╭─ Given records
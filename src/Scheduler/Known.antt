-- ===== src/Scheduler/Known.antt =====
-- A run that is in the table of scheduler.go stays in it.
use bonghos.Base.{
  ◌==◌, String, ℕ, ◌≡◌, refl, ◌∙◌, Bool, true, ◌&&◌, not, List, [], ◌∷◌, map, if◌then◌else◌,
  if-elim, any, arith,
}
use bonghos.Scheduler.Actions.{Call, start_server}
use bonghos.Scheduler.Runs.{
  handle_missed, needs_online, started, Schedule, RunRow, Ledger, valid_status, has_key, is_known,
  new_row, finish_row, start_row, write_status, record_run, mark_running, Situation, Executed,
  perform, when_offline, execute, run_now,
}

any-map :
    (p : RunRow → Bool) (f : RunRow → RunRow) (rows : List RunRow)
    → ((r : RunRow) → p (f r) ≡ p r)
    → any p (map f rows) ≡ any p rows
any-map p f [] h = refl
any-map p f (r ∷ rows) h = rw (h r, any-map p f rows h)

module _ (id planned : ℕ) where
  -- The key is in the table.
  abbrev pub Known : Ledger → Type 0
  Known l = is_known id planned l ≡ true

  finish-has_key :
      (now i t : ℕ) (status : String) (r : RunRow)
      → has_key id planned (finish_row now i t status r) ≡ has_key id planned r
  finish-has_key now i t status r = ground arith

  start-has_key :
      (now i t : ℕ) (r : RunRow) → has_key id planned (start_row now i t r) ≡ has_key id planned r
  start-has_key now i t r = ground arith

  write_status-any :
      (now i t : ℕ) (status : String) (rows : List RunRow)
      → any (has_key id planned) rows ≡ true
      → any (has_key id planned) (write_status now i t status rows) ≡ true
  unfolding write_status
  write_status-any now i t status rows h =
      if-elim (λ rs. any (has_key id planned) rs ≡ true) (not (valid_status status)) _ _ (λ _. h)
        λ _.
          any-map (has_key id planned) (finish_row now i t status)
            (if any (has_key i t) rows then rows else new_row i t status ∷ rows)
            (finish-has_key now i t status)
          ∙ if-elim (λ rs. any (has_key id planned) rs ≡ true) (any (has_key i t) rows) _ _ (λ _. h)
              (λ _. ground (arith, h))

  pub record_run-Known :
      (now i t : ℕ) (status : String) (l : Ledger) → Known l → Known (record_run now i t status l)
  unfolding record_run is_known
  record_run-Known now i t status l h = write_status-any now i t status l.runs h

  pub mark_running-Known : (now i t : ℕ) (l : Ledger) → Known l → Known (mark_running now i t l)
  unfolding mark_running is_known
  mark_running-Known now i t l h =
      any-map (has_key id planned) (start_row now i t) l.runs (start-has_key now i t) ∙ h

  abbrev Keeps : Executed → Type 0
  Keeps r = Known r.ledger

  perform-Keeps :
      (now : ℕ) (w : Situation) (s : Schedule) (t : ℕ) (before : List Call) (l : Ledger)
      → Known l
      → Keeps (perform now w s t before l)
  unfolding perform
  perform-Keeps now w s t before l h = record_run-Known now s.id t _ l h

  offline-Keeps :
      (now : ℕ) (w : Situation) (s : Schedule) (t : ℕ) (l : Ledger)
      → Known l
      → Keeps (when_offline now w s t l)
  unfolding when_offline
  offline-Keeps now w s t l h =
      if-elim Keeps (s.offline_policy == "start_then_execute") _ _
        (λ _.
          if-elim Keeps (started w.start_error) _ _
            (λ _. perform-Keeps now w s t (start_server ∷ []) l h)
            (λ _. record_run-Known now s.id t "failed" l h))
        (λ _.
          if-elim Keeps (s.offline_policy == "wait_until_online") _ _
            (λ _.
              if-elim Keeps w.online_later _ _ (λ _. perform-Keeps now w s t [] l h)
                (λ _. record_run-Known now s.id t "skipped" l h))
            (λ _. record_run-Known now s.id t "skipped" l h))

  pub execute-Keeps :
      (now : ℕ) (w : Situation) (s : Schedule) (t : ℕ) (l : Ledger)
      → Known l
      → Keeps (execute now w s t l)
  unfolding execute
  execute-Keeps now w s t l h =
      let k = mark_running-Known now s.id t l h in
      if-elim Keeps (w.operation_in_progress && not (s.action == "create_backup")) _ _
        (λ _.
          if-elim Keeps (s.conflict_policy == "retry_later") _ _
            (λ _. record_run-Known now s.id t "queued" (mark_running now s.id t l) k)
            (λ _. record_run-Known now s.id t "skipped" (mark_running now s.id t l) k))
        (λ _.
          if-elim Keeps (needs_online s.action && not w.online) _ _
            (λ _. offline-Keeps now w s t (mark_running now s.id t l) k)
            (λ _. perform-Keeps now w s t [] (mark_running now s.id t l) k))

  pub run_now-Keeps :
      (now : ℕ) (w : Situation) (s : Schedule) (l : Ledger) → Known l → Keeps (run_now now w s l)
  unfolding run_now
  run_now-Keeps now w s l h = record_run-Known now s.id now _ l h

  pub missed-Keeps :
      (now : ℕ) (w : Situation) (s : Schedule) (t : ℕ) (l : Ledger)
      → Known l
      → Keeps (handle_missed now w s t l)
  unfolding handle_missed
  missed-Keeps now w s t l h =
      if-elim Keeps (s.missed_run_policy == "run_once_after_startup") _ _
        (λ _. execute-Keeps now w s t l h) (λ _. record_run-Known now s.id t "skipped" l h)
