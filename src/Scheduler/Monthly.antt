-- ===== src/Scheduler/Monthly.antt =====
-- The monthly schedules of NextRun in source/internal/scheduler/scheduler.go, in a zone whose offset does
-- not change. Months are counted from January of year 1.
use bonghos.Base.{
  ℕ, zero, suc, ◌+◌, ◌-◌, ◌/◌, ◌%◌, Bool, ◌&&◌, ◌||◌, not, Option, none, some, if◌then◌else◌, eqb,
  ltb, leb,
}

abbrev pub is_leap : ℕ → Bool
is_leap y = eqb (y % 4) 0 && (not (eqb (y % 100) 0) || eqb (y % 400) 0)

abbrev is_short : ℕ → Bool
is_short m = eqb m 3 || (eqb m 5 || (eqb m 8 || eqb m 10))

-- The days of a month.
unfoldable pub month_length : ℕ → ℕ
month_length m =
    if eqb (m % 12) 1
    then (if is_leap (m / 12 + 1) then 29 else 28)
    else if is_short (m % 12)
    then 30
    else 31

pub record Date : Type 0 where
  pub month : ℕ
  pub day : ℕ
  pub second : ℕ

-- time.Date, for a day that may lie beyond its month.
unfoldable pub date : ℕ → ℕ → ℕ → Date
date m d s =
    if leb d (month_length m)
    then record { month = m; day = d; second = s }
    else record { month = m + 1; day = d - month_length m; second = s }

-- t.After
unfoldable pub is_after : Date → Date → Bool
is_after t a =
    ltb a.month t.month
    || (eqb t.month a.month && (ltb a.day t.day || (eqb t.day a.day && ltb a.second t.second)))

-- `for !t.After(a) || t.Day() != dd`; `none` is out of fuel.
unfoldable pub until_day : ℕ → ℕ → Date → Date → Option Date
until_day zero dd a t = none
until_day (suc fuel) dd a t =
    let rest = until_day fuel dd a (date (t.month + 1) dd t.second) in
    if not (is_after t a) || not (eqb t.day dd) then rest else some t

unfoldable pub next_monthly : ℕ → ℕ → Date → Option Date
next_monthly dd sod a = until_day 5 dd a (date a.month dd sod)
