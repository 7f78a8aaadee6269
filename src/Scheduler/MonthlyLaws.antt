-- ===== src/Scheduler/MonthlyLaws.antt =====
-- The loop of the monthly schedules in source/internal/scheduler/scheduler.go ends, on the day it asks for.
use bonghos.Base.{
  ℕ, suc, ◌+◌, ◌-◌, ◌%◌, ◌≤◌, ◌<◌, ◌≡◌, ◌≢◌, refl, ap, ◌∙◌, ◌⊎◌, inl, inr, true, false, Option,
  some, if◌then◌else◌, eqb, leb, Bool-cases, arith,
}
use bonghos.Scheduler.Monthly.{month_length, Date, date, is_after, until_day, next_monthly}

-- The months that can lack a day.
abbrev IsBad : ℕ → Type 0
IsBad m = (m % 12 ≡ 1) ⊎ ((m % 12 ≡ 3) ⊎ ((m % 12 ≡ 5) ⊎ ((m % 12 ≡ 8) ⊎ (m % 12 ≡ 10))))

month_length_bounds : (m : ℕ) → (28 ≤ month_length m) × (month_length m ≤ 31)
unfolding month_length
month_length_bounds m = ground arith

lacking-IsBad : (m dd : ℕ) → dd ≤ 31 → month_length m < dd → IsBad m
unfolding month_length
lacking-IsBad m dd h k = ground arith

-- The date is behind `a`, on the day and at the second asked for.
pub record IsDue (dd sod : ℕ) (a d : Date) : Type 0 where
  pub later : is_after d a ≡ true
  pub day : d.day ≡ dd
  pub second : d.second ≡ sod

abbrev Due : ℕ → ℕ → Date → Option Date → Type 0
Due dd sod a o = (d : Date) × ((o ≡ some d) × IsDue dd sod a d)

date-fits :
    (m d s : ℕ) → d ≤ month_length m → date m d s ≡ record { month = m; day = d; second = s }
unfolding date
date-fits m d s h = let e : leb d (month_length m) ≡ true = ground arith in rw e refl

date-over :
    (m d s : ℕ)
    → month_length m < d
    → date m d s ≡ record { month = m + 1; day = d - month_length m; second = s }
unfolding date
date-over m d s h = let e : leb d (month_length m) ≡ false = ground arith in rw e refl

found :
    (fuel dd : ℕ) (a t : Date)
    → is_after t a ≡ true
    → t.day ≡ dd
    → until_day (suc fuel) dd a t ≡ some t
unfolding until_day
found fuel dd a t h k = let e : eqb t.day dd ≡ true = ground arith in rw (h, e) refl

goes_on :
    (fuel dd : ℕ) (a t : Date)
    → (is_after t a ≡ false) ⊎ (t.day ≢ dd)
    → until_day (suc fuel) dd a t ≡ until_day fuel dd a (date (t.month + 1) dd t.second)
unfolding until_day
goes_on fuel dd a t (inl h) = rw h refl
goes_on fuel dd a t (inr h) =
    let e : eqb t.day dd ≡ false = ground arith in
    elim (Bool-cases (is_after t a)) [ inl k ↦ rw (k, e) refl | inr k ↦ rw k refl ]

later_month :
    (a : Date) (m d s : ℕ)
    → a.month < m
    → is_after (record { month = m; day = d; second = s }) a ≡ true
unfolding is_after
later_month a m d s h = ground arith

module _ (dd sod : ℕ) (a : Date) (low : 1 ≤ dd) (high : dd ≤ 31) where
  abbrev loop : ℕ → ℕ → Option Date
  loop fuel m = until_day fuel dd a (date m dd sod)

  good_month : (fuel m : ℕ) → a.month < m → dd ≤ month_length m → Due dd sod a (loop (suc fuel) m)
  good_month fuel m h k = rw (date-fits m dd sod k) (
    record { month = m; day = dd; second = sod },
    (
      found fuel dd a _ (later_month a m dd sod h) refl,
      record { later = later_month a m dd sod h; day = refl; second = refl },
    ),
  )

  bad_month : (fuel m : ℕ) → month_length m < dd → loop (suc fuel) m ≡ loop fuel (m + 2)
  bad_month fuel m k =
      let b = (month_length_bounds m).0 in
      let e : m + 1 + 1 ≡ m + 2 = omega arith in
      rw (date-over m dd sod k) (
        goes_on fuel dd a (record { month = m + 1; day = dd - month_length m; second = sod })
          (inr (λ q. omega arith))
        ∙ ap (loop fuel) e)

  -- A month behind `a`: at most three that follow by two lack the day.
  next_month :
      (fuel m : ℕ)
      → a.month < m
      → (month_length m < dd → Due dd sod a (loop fuel (m + 2)))
      → Due dd sod a (loop (suc fuel) m)
  next_month fuel m h rest = elim (Bool-cases (leb dd (month_length m))) [
    | inl k ↦ good_month fuel m h (ground (arith, k))
    | inr k ↦ let l : month_length m < dd = ground (arith, k) in rw (bad_month fuel m l) (rest l)
  ]

  three_bad : (m : ℕ) → IsBad m → IsBad (m + 2) → IsBad (m + 2 + 2) → IsBad (m + 2 + 2 + 2) → ⊥
  three_bad m p q r s = omega arith

  behind : (m : ℕ) → a.month < m → Due dd sod a (loop 4 m)
  behind m h = next_month 3 m h λ p. next_month 2 (m + 2) (omega arith) λ q.
      next_month 1 (m + 2 + 2) (omega arith) λ r. next_month 0 (m + 2 + 2 + 2) (omega arith) λ s.
        absurd (three_bad m (bad m p) (bad (m + 2) q) (bad (m + 2 + 2) r) (bad (m + 2 + 2 + 2) s))
    where
      bad : (n : ℕ) → month_length n < dd → IsBad n
      bad n k = lacking-IsBad n dd high k

  this_month : dd ≤ month_length a.month → Due dd sod a (loop 5 a.month)
  this_month k =
      elim (Bool-cases (is_after (record { month = a.month; day = dd; second = sod }) a)) [
        | inl l ↦ rw (date-fits a.month dd sod k) (
          record { month = a.month; day = dd; second = sod },
          (found 4 dd a _ l refl, record { later = l; day = refl; second = refl }),
        )
        | inr l ↦
            rw
              (
                date-fits a.month dd sod k,
                goes_on 4 dd a (record { month = a.month; day = dd; second = sod }) (inl l),
              )
              (behind (a.month + 1) (omega arith))
      ]

  from_this_month : Due dd sod a (loop 5 a.month)
  from_this_month = elim (Bool-cases (leb dd (month_length a.month))) [
    | inl k ↦ this_month (ground (arith, k))
    | inr k ↦ rw (bad_month 4 a.month (ground (arith, k))) (behind (a.month + 2) (omega arith))
  ]

-- For every day of the month from 1 to 31 the loop of a monthly schedule ends, at a date behind the present
-- one that has this day and this time.
pub next_monthly-IsDue :
    (dd sod : ℕ) (a : Date)
    → 1 ≤ dd
    → dd ≤ 31
    → (d : Date) × ((next_monthly dd sod a ≡ some d) × IsDue dd sod a d)
unfolding next_monthly
next_monthly-IsDue dd sod a low high = from_this_month dd sod a low high

this_or_next :
    (dd sod : ℕ) (a : Date)
    → 1 ≤ dd
    → dd ≤ 28
    → next_monthly dd sod a ≡ (
        if is_after (record { month = a.month; day = dd; second = sod }) a
        then some (record { month = a.month; day = dd; second = sod })
        else some (record { month = a.month + 1; day = dd; second = sod }))
unfolding next_monthly
this_or_next dd sod a low high =
    elim (Bool-cases (is_after (record { month = a.month; day = dd; second = sod }) a)) [
      | inl l ↦
          rw
            (
              date-fits a.month dd sod (fits a.month),
              found 4 dd a (record { month = a.month; day = dd; second = sod }) l refl,
              l,
            )
            refl
      | inr l ↦
          rw
            (
              date-fits a.month dd sod (fits a.month),
              goes_on 4 dd a (record { month = a.month; day = dd; second = sod }) (inl l),
              date-fits (a.month + 1) dd sod (fits (a.month + 1)),
              found 3 dd a (record { month = a.month + 1; day = dd; second = sod })
                  (later_month a (a.month + 1) dd sod (omega arith)) refl,
              l,
            )
            refl
    ]
  where
    fits : (m : ℕ) → dd ≤ month_length m
    fits m = let b = (month_length_bounds m).0 in omega arith

-- Up to the 28th day no month is passed over: no date behind the present one with this day and this time lies
-- in an earlier month than the answer.
pub next_monthly-first :
    (dd sod : ℕ) (a d b : Date)
    → 1 ≤ dd
    → dd ≤ 28
    → next_monthly dd sod a ≡ some d
    → is_after b a ≡ true
    → b.day ≡ dd
    → b.second ≡ sod
    → d.month ≤ b.month
unfolding is_after
next_monthly-first dd sod a d b low high h l e f =
    ground (arith, this_or_next dd sod a low high, h, l, e, f)
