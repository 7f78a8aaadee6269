-- ===== src/Scheduler/Times.antt =====
-- The times of day in a schedule: parseHMS and parseHourly of source/internal/scheduler/scheduler.go.
use bonghos.Base.{
  ℕ, ◌+◌, ◌*◌, List, [], ◌∷◌, Option, none, some, if◌then◌else◌, leb, ℤ, pos, negsuc,
}
use bonghos.Base.Text.{Text, trim_space}
use bonghos.Base.Parse.{split_on, atoi}

pub record TimeOfDay : Type 0 where
  pub hour : ℕ
  pub minute : ℕ
  pub second : ℕ

abbrev pub upto : ℕ → Option ℤ → Option ℕ
upto high (some (pos n)) = if leb n high then some n else none
upto high (some (negsuc n)) = none
upto high none = none

abbrev pub time_of : Option ℕ → Option ℕ → Option ℕ → Option TimeOfDay
time_of (some h) (some m) (some s) = some (record { hour = h; minute = m; second = s })
time_of (some h) (some m) none = none
time_of (some h) none s = none
time_of none m s = none

abbrev pub time_of_parts : List Text → Option TimeOfDay
time_of_parts (h ∷ m ∷ []) = time_of (upto 23 (atoi h)) (upto 59 (atoi m)) (some 0)
time_of_parts (h ∷ m ∷ s ∷ []) = time_of (upto 23 (atoi h)) (upto 59 (atoi m)) (upto 59 (atoi s))
time_of_parts _ = none

-- parseHMS; `none` is its error.
unfoldable pub parse_hms : Text → Option TimeOfDay
parse_hms value = time_of_parts (split_on b':' (trim_space value))

abbrev pub minute_of : Option ℕ → Option ℕ → Option (ℕ × ℕ)
minute_of (some m) (some s) = some (m, s)
minute_of (some m) none = none
minute_of none s = none

abbrev pub minute_of_parts : List Text → Option (ℕ × ℕ)
minute_of_parts (m ∷ []) = minute_of (upto 59 (atoi m)) (some 0)
minute_of_parts (m ∷ s ∷ []) = minute_of (upto 59 (atoi m)) (upto 59 (atoi s))
minute_of_parts _ = none

-- parseHourly
unfoldable pub parse_hourly : Text → Option (ℕ × ℕ)
parse_hourly value = minute_of_parts (split_on b':' (trim_space value))

-- The second of the day.
abbrev pub second_of_day : TimeOfDay → ℕ
second_of_day t = t.hour * 3600 + t.minute * 60 + t.second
╰─
* [Exercise]:
The reply should hold only the lines from the first line of the listing above through the line with "(p : RunRow", each copied exactly.

* [Solution]:
filename src/Scheduler/Known.antt
-- ===== src/Scheduler/Known.antt =====
-- A run that is in the table of scheduler.go stays in it.
use bonghos.Base.{
  ◌==◌, String, ℕ, ◌≡◌, refl, ◌∙◌, Bool, true, ◌&&◌, not, List, [], ◌∷◌, map, if◌then◌else◌,
  if-elim, any, arith,
}
use bonghos.Scheduler.Actions.{Call, start_server}
use bonghos.Scheduler.Runs.{
  handle_missed, needs_online, started, Schedule, RunRow, Ledger, valid_status, has_key, is_known,
  new_row, finish_row, start_row, write_status, record_run, mark_running, Situation, Executed,
  perform, when_offline, execute, run_now,
}

any-map :
    (p : RunRow → Bool) (f : RunRow → RunRow) (rows : List RunRow)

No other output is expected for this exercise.